Question

When a plane electromagnetic wave travels in vacuum, the average electric energy density is given by \(\left(E_{0}\right.\) is the amplitude of the electric field) (A) \((1 / 4) \varepsilon_{0} E_{0}^{2}\) (B) \((1 / 2) \varepsilon_{0} E_{0}^{2}\) (C) \(2 e_{\mathrm{o}} \mathrm{E}_{\mathrm{O}}^{2}\) (D) \(4 \varepsilon_{0} E_{0}^{2}\)

Short answer

The short answer based on the given step-by-step solution is: The average electric energy density when a plane electromagnetic wave travels in a vacuum is given by the expression \((1 / 2) \varepsilon_{0} E_{0}^{2}\), which corresponds to choice (B).

Step-by-step solution

Recall the expression for the electric energy density in a vacuum

The electric energy density, represented by letter \(u\), is given by the formula: \[u = \frac{1}{2} \varepsilon_0 E^2\] Where \(\varepsilon_0\) is the vacuum permittivity constant and \(E\) is the electric field amplitude at a certain point.

Adapt the formula for the average electric energy density

Since the problem asks for the average electric energy density, we need to use an average value for the electric field amplitude. We'll use \(E_0\) as the average electric field amplitude. Now, substitute \(E_0\) for \(E\) in the \(u\) expression: \[u = \frac{1}{2} \varepsilon_0 E_0^2\]

Identify the correct answer based on the derived formula

From Step 2, we found that the formula for the average electric energy density in a vacuum is: \[u = \frac{1}{2} \varepsilon_0 E_0^2\] Comparing this formula with the given choices, we find that the correct answer is: (B) \((1 / 2) \varepsilon_{0} E_{0}^{2}\)

Key concepts

Electric Energy Density

Electric energy density is a concept that helps us understand how energy is stored in an electric field. Imagine an invisible field that fills the space around charged objects; this field holds energy proportional to its strength. When we're talking about a plane electromagnetic wave traveling in a vacuum, the electric field plays a crucial role in carrying energy.
To calculate how much energy is stored per unit volume in this field, we use a specific formula. The formula for the electric energy density, denoted by the symbol \(u\), is \(u = \frac{1}{2} \varepsilon_0 E^2\). Here, \(\varepsilon_0\) represents the vacuum permittivity, which is a constant, and \(E\) is the electric field amplitude.
Understanding this concept is essential, especially when you're dealing with electromagnetic waves. It’s important because it tells us how efficiently energy can be transferred through space in the form of electromagnetic waves. Remember, the stronger the field, the more energy you have per volume!

Vacuum Permittivity

Vacuum permittivity, symbolized by \(\varepsilon_0\), is a fundamental physical constant that describes how well an electric field can penetrate a vacuum. It forms part of the foundations of electromagnetism and is essential in the calculations of electric energy density.
Vacuum permittivity has a specific value, approximately \(8.854 \times 10^{-12} \text{ F/m (farads per meter)}\), and this constant is significant in determining how much force an electric field can exert over a distance. In simpler terms, it represents the ability of the vacuum itself to allow electric field lines to spread out.

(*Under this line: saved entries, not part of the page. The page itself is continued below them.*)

-- ===== src/Files/Directory/Names.antt =====
-- kernel/filesystem/estros-fs.c: the comparison of a path's part with an entry's name, which has no
-- NUL behind it.
use bitloader.Prelude.{
  Bool, Bool-cases, List, [], ap, arith, false, get_or, inl, inr, leb, length, ltb, not, refl, suc,
  sym, true, ℕ, ◌&&◌, ◌+◌, ◌-◌, ◌==◌, ◌||◌, ◌∙◌, ◌∷◌, ◌≡◌, ◌≢◌,
}
use bitloader.Prelude.Int.{pos, sub_ℕ, ◌==ℤ◌}
use bitloader.Strings.{Bytes, literal, strncmp, strncmp_loop}

abbrev pub same_name : List ℕ → List ℕ → Bool
same_name [] [] = true
same_name [] (y ∷ ys) = false
same_name (x ∷ xs) [] = false
same_name (x ∷ xs) (y ∷ ys) = x == y && same_name xs ys

abbrev pub NoNul : List ℕ → Type 0
NoNul [] = Unit
NoNul (x ∷ xs) = (x ≢ 0) × NoNul xs

-- The bytes from `i` on are the characters, and a NUL.
abbrev pub HasString : Bytes → ℕ → List ℕ → Type 0
HasString s i [] = s i ≡ 0
HasString s i (x ∷ xs) = (s i ≡ x) × HasString s (i + 1) xs

-- The bytes from `i` on start with the characters.
abbrev pub HasName : Bytes → ℕ → List ℕ → Type 0
HasName s i [] = Unit
HasName s i (y ∷ ys) = (s i ≡ y) × HasName s (i + 1) ys

sub_ℕ-zero : (a b : ℕ) → (sub_ℕ a b ==ℤ pos 0) ≡ (a == b)
sub_ℕ-zero a b = elim (Bool-cases (leb b a)) [
  | inl below ↦ rw below (ground arith)
  | inr above ↦ rw above (ground arith)
]

-- `strncmp` for the name's length, with the test that the path is not longer.
loop-same_name :
    (s name : Bytes) (i : ℕ) (xs : List ℕ) (y : ℕ) (ys : List ℕ)
    → HasString s i xs
    → HasName name i (y ∷ ys)
    → NoNul xs
    → NoNul (y ∷ ys)
    → ((strncmp_loop (length ys) s name i ==ℤ pos 0) && leb (length xs) (length ys + 1))
      ≡ same_name xs (y ∷ ys)
unfolding strncmp_loop
loop-same_name s name i [] y [] hs hn nx ny =
    let some_y = ny.0 in rw hs (rw hn.0 (rw (sub_ℕ-zero 0 y) (ground arith)))
loop-same_name s name i (x ∷ []) y [] hs hn nx ny =
    rw hs.0 (rw hn.0 (rw (sub_ℕ-zero x y) (ground arith)))
loop-same_name s name i (x ∷ w ∷ xs) y [] hs hn nx ny =
    rw hs.0 (rw hn.0 (rw (sub_ℕ-zero x y) (ground arith)))
loop-same_name s name i [] y (z ∷ ys) hs hn nx ny =
    let some_y = ny.0 in
    let differ : (0 == y) ≡ false = ground arith in
    rw hs (rw hn.0 (rw (sub_ℕ-zero 0 y) (rw differ refl)))
loop-same_name s name i (x ∷ xs) y (z ∷ ys) hs hn nx ny =
    let some_x = nx.0 in
    let more : (x == 0) ≡ false = ground arith in
    let rest = loop-same_name s name (i + 1) xs z ys hs.1 hn.1 nx.1 ny.1 in
    let both : leb (suc (length xs)) (suc (length ys) + 1) ≡ leb (length xs) (length ys + 1) =
      ground arith in
    elim (Bool-cases (x == y)) [
      | inl same ↦ rw hs.0 (rw hn.0 (rw more (rw same (rw both rest))))
      | inr other ↦ rw hs.0 (rw hn.0 (rw more (rw other (rw (sub_ℕ-zero x y) (rw other refl)))))
    ]

de_morgan : (a b : Bool) → not (a && b) ≡ (not a || not b)
de_morgan true b = refl
de_morgan false b = refl

-- The test of `other_name`, for a name that is not empty and has no NUL: the names differ.
pub other-same_name :
    (s name : Bytes) (xs : List ℕ) (y : ℕ) (ys : List ℕ)
    → HasString s 0 xs
    → HasName name 0 (y ∷ ys)
    → NoNul xs
    → NoNul (y ∷ ys)
    → (not (strncmp s name (length ys + 1) ==ℤ pos 0) || ltb (length ys + 1) (length xs))
      ≡ not (same_name xs (y ∷ ys))
unfolding strncmp
other-same_name s name xs y ys hs hn nx ny =
    let len : length ys + 1 - 1 ≡ length ys = omega arith in
    let whole = loop-same_name s name 0 xs y ys hs hn nx ny in
    let split : ltb (length ys + 1) (length xs) ≡ not (leb (length xs) (length ys + 1)) =
      ground arith in
    rw len (
      rw split (
        sym (
          de_morgan (strncmp_loop (length ys) s name 0 ==ℤ pos 0) (leb (length xs) (length ys + 1)))
        ∙ ap not whole))

read-HasString :
    (s : Bytes) (i : ℕ) (xs : List ℕ) → ((k : ℕ) → s (i + k) ≡ get_or xs k 0) → HasString s i xs
read-HasString s i [] reads = let at : i ≡ i + 0 = omega arith in ap s at ∙ reads 0
read-HasString s i (x ∷ xs) reads =
    let at : i ≡ i + 0 = omega arith in
    (
      ap s at ∙ reads 0,
      read-HasString s (i + 1) xs
          (λ k. let next : i + 1 + k ≡ i + suc k = omega arith in ap s next ∙ reads (suc k)),
    )

pub literal-HasString : (xs : List ℕ) → HasString (literal xs) 0 xs
literal-HasString xs =
    read-HasString (literal xs) 0 xs
      (λ k. let at : 0 + k ≡ k = omega arith in ap (λ j. get_or xs j 0) at)
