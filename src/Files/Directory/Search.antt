-- ===== src/Files/Directory/Search.antt =====
-- kernel/filesystem/estros-fs.c: the search of a directory's entries.
use bitloader.Prelude.{
  Bool-cases, List, Option, [], ap, arith, false, if◌then◌else◌, inl, inr, length, ltb, none, not,
  some, suc, true, zero, ℕ, ◌+◌, ◌<◌, ◌==◌, ◌||◌, ◌∙◌, ◌∷◌, ◌≡◌, ◌≢◌, ◌≤◌,
}
use bitloader.Prelude.Int.{pos, ◌==ℤ◌}
use bitloader.Prelude.Run.{returns}
use bitloader.Strings.{Bytes, literal, strncmp}
use bitloader.Files.Directory.{EntryBytes, entry_size, other_name, search_entries, word_at}
use bitloader.Files.Directory.Names.{HasName, NoNul, literal-HasString, other-same_name, same_name}

-- A name that is not empty, and the number of its inode.
abbrev pub Named : Type 0
Named = List ℕ × ℕ

abbrev pub IsName : List ℕ → Type 0
IsName [] = ⊥
IsName (y ∷ ys) = NoNul (y ∷ ys)

-- The entries from `o` on are those of the list, and the one of length 0.
abbrev pub Listed : EntryBytes → ℕ → List Named → Type 0
Listed e o [] =
    (o + entry_size ≤ e.size) × (word_at e.bytes (o + 4) ≡ 0) × (word_at e.bytes (o + 8) ≡ 0)
Listed e o (entry ∷ rest) =
    (o + entry_size + length entry.0 ≤ e.size)
    × (word_at e.bytes o ≡ entry.1)
    × (word_at e.bytes (o + 4) ≢ 0)
    × (word_at e.bytes (o + 8) ≡ length entry.0)
    × IsName entry.0
    × HasName (λ i. e.bytes (o + entry_size + i)) 0 entry.0
    × Listed e (o + word_at e.bytes (o + 4)) rest

abbrev pub number_of : List ℕ → List Named → Option ℕ
number_of path [] = none
number_of path (entry ∷ rest) = if same_name path entry.0 then some entry.1 else number_of path rest

other_name-same_name :
    (bytes : ℕ → ℕ) (o : ℕ) (path name : List ℕ)
    → word_at bytes (o + 8) ≡ length name
    → IsName name
    → HasName (λ i. bytes (o + entry_size + i)) 0 name
    → NoNul path
    → other_name bytes o path ≡ not (same_name path name)
other_name-same_name bytes o path [] len is_name has no_nul = absurd is_name
other_name-same_name bytes o path (y ∷ ys) len is_name has no_nul =
    let name : Bytes = λ i. bytes (o + entry_size + i) in
    let size : suc (length ys) ≡ length ys + 1 = omega arith in
    ap (λ n. not (strncmp (literal path) name n ==ℤ pos 0) || ltb n (length path)) (len ∙ size)
    ∙ other-same_name (literal path) name path y ys (literal-HasString path) has no_nul is_name

-- A name's inode number is found in a directory, and that there is none where it is not listed: the
-- search looks at each entry once, and compares whole names.
pub search_entries-number_of :
    (fuel : ℕ) (e : EntryBytes) (o : ℕ) (path : List ℕ) (list : List Named)
    → Listed e o list
    → IsName path
    → length list < fuel
    → search_entries fuel e o path ≡ returns (number_of path list)
unfolding search_entries
search_entries-number_of zero e o path list listed is_name enough = absurd (omega arith)
search_entries-number_of (suc fuel) e o [] list listed is_name enough = absurd is_name
search_entries-number_of (suc fuel) e o (c ∷ path) [] (inside, last, unnamed) is_name enough =
    let fits : ltb e.size (o + entry_size) ≡ false = ground arith in
    let longer : ltb 0 (length (c ∷ path)) ≡ true = ground arith in
    rw fits (rw unnamed (rw last (rw longer (ground arith))))
search_entries-number_of (suc fuel) e o (c ∷ path) (entry ∷ rest)
      (inside, number, more, len, named, has, listed) is_name enough =
    let fits : ltb e.size (o + entry_size) ≡ false = ground arith in
    let not_last : (word_at e.bytes (o + 4) == 0) ≡ false = ground arith in
    let test = other_name-same_name e.bytes o (c ∷ path) entry.0 len named has is_name in
    let tail =
      search_entries-number_of fuel e (o + word_at e.bytes (o + 4)) (c ∷ path) rest listed is_name
        (omega arith) in
    elim (Bool-cases (same_name (c ∷ path) entry.0)) [
      | inl same ↦ rw fits (rw test (rw same (ap (λ n. returns (some n)) number)))
      | inr other ↦ rw fits (rw test (rw other (rw not_last tail)))
    ]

• This value plays a crucial role in the formulas related to electromagnetism, influencing electric forces and the propagation of electromagnetic waves.
• When you're dealing with equations like \(u = \frac{1}{2} \varepsilon_0 E^2\) for electric energy density, understanding \(\varepsilon_0\) helps us appreciate why energy spreads out the way it does in vacuum.

Grasping vacuum permittivity means understanding how space itself affects electric interactions.

Electric Field Amplitude

Electric field amplitude represents the peak strength of an electric field within an electromagnetic wave. This component is vital in our calculations and understanding of electromagnetic energy transfer.
In the context of electromagnetic waves, when we describe the amplitude, we're referring to the maximum value of the electric field, denoted by \(E_0\). Think of it like the height of a wave on water, indicating how powerful the wave is. This amplitude helps determine the energy density of the wave with the formula \(u = \frac{1}{2} \varepsilon_0 E_0^2\).

• Amplitude can vary depending on the source of the electromagnetic wave.
• The higher the amplitude, the more energy is being transferred by the wave.
• It's useful in understanding how different magnitudes affect interactions in physics and engineering applications.

By grasping how electric field amplitude works, we can better predict and analyze the behavior of electromagnetic waves across different scenarios.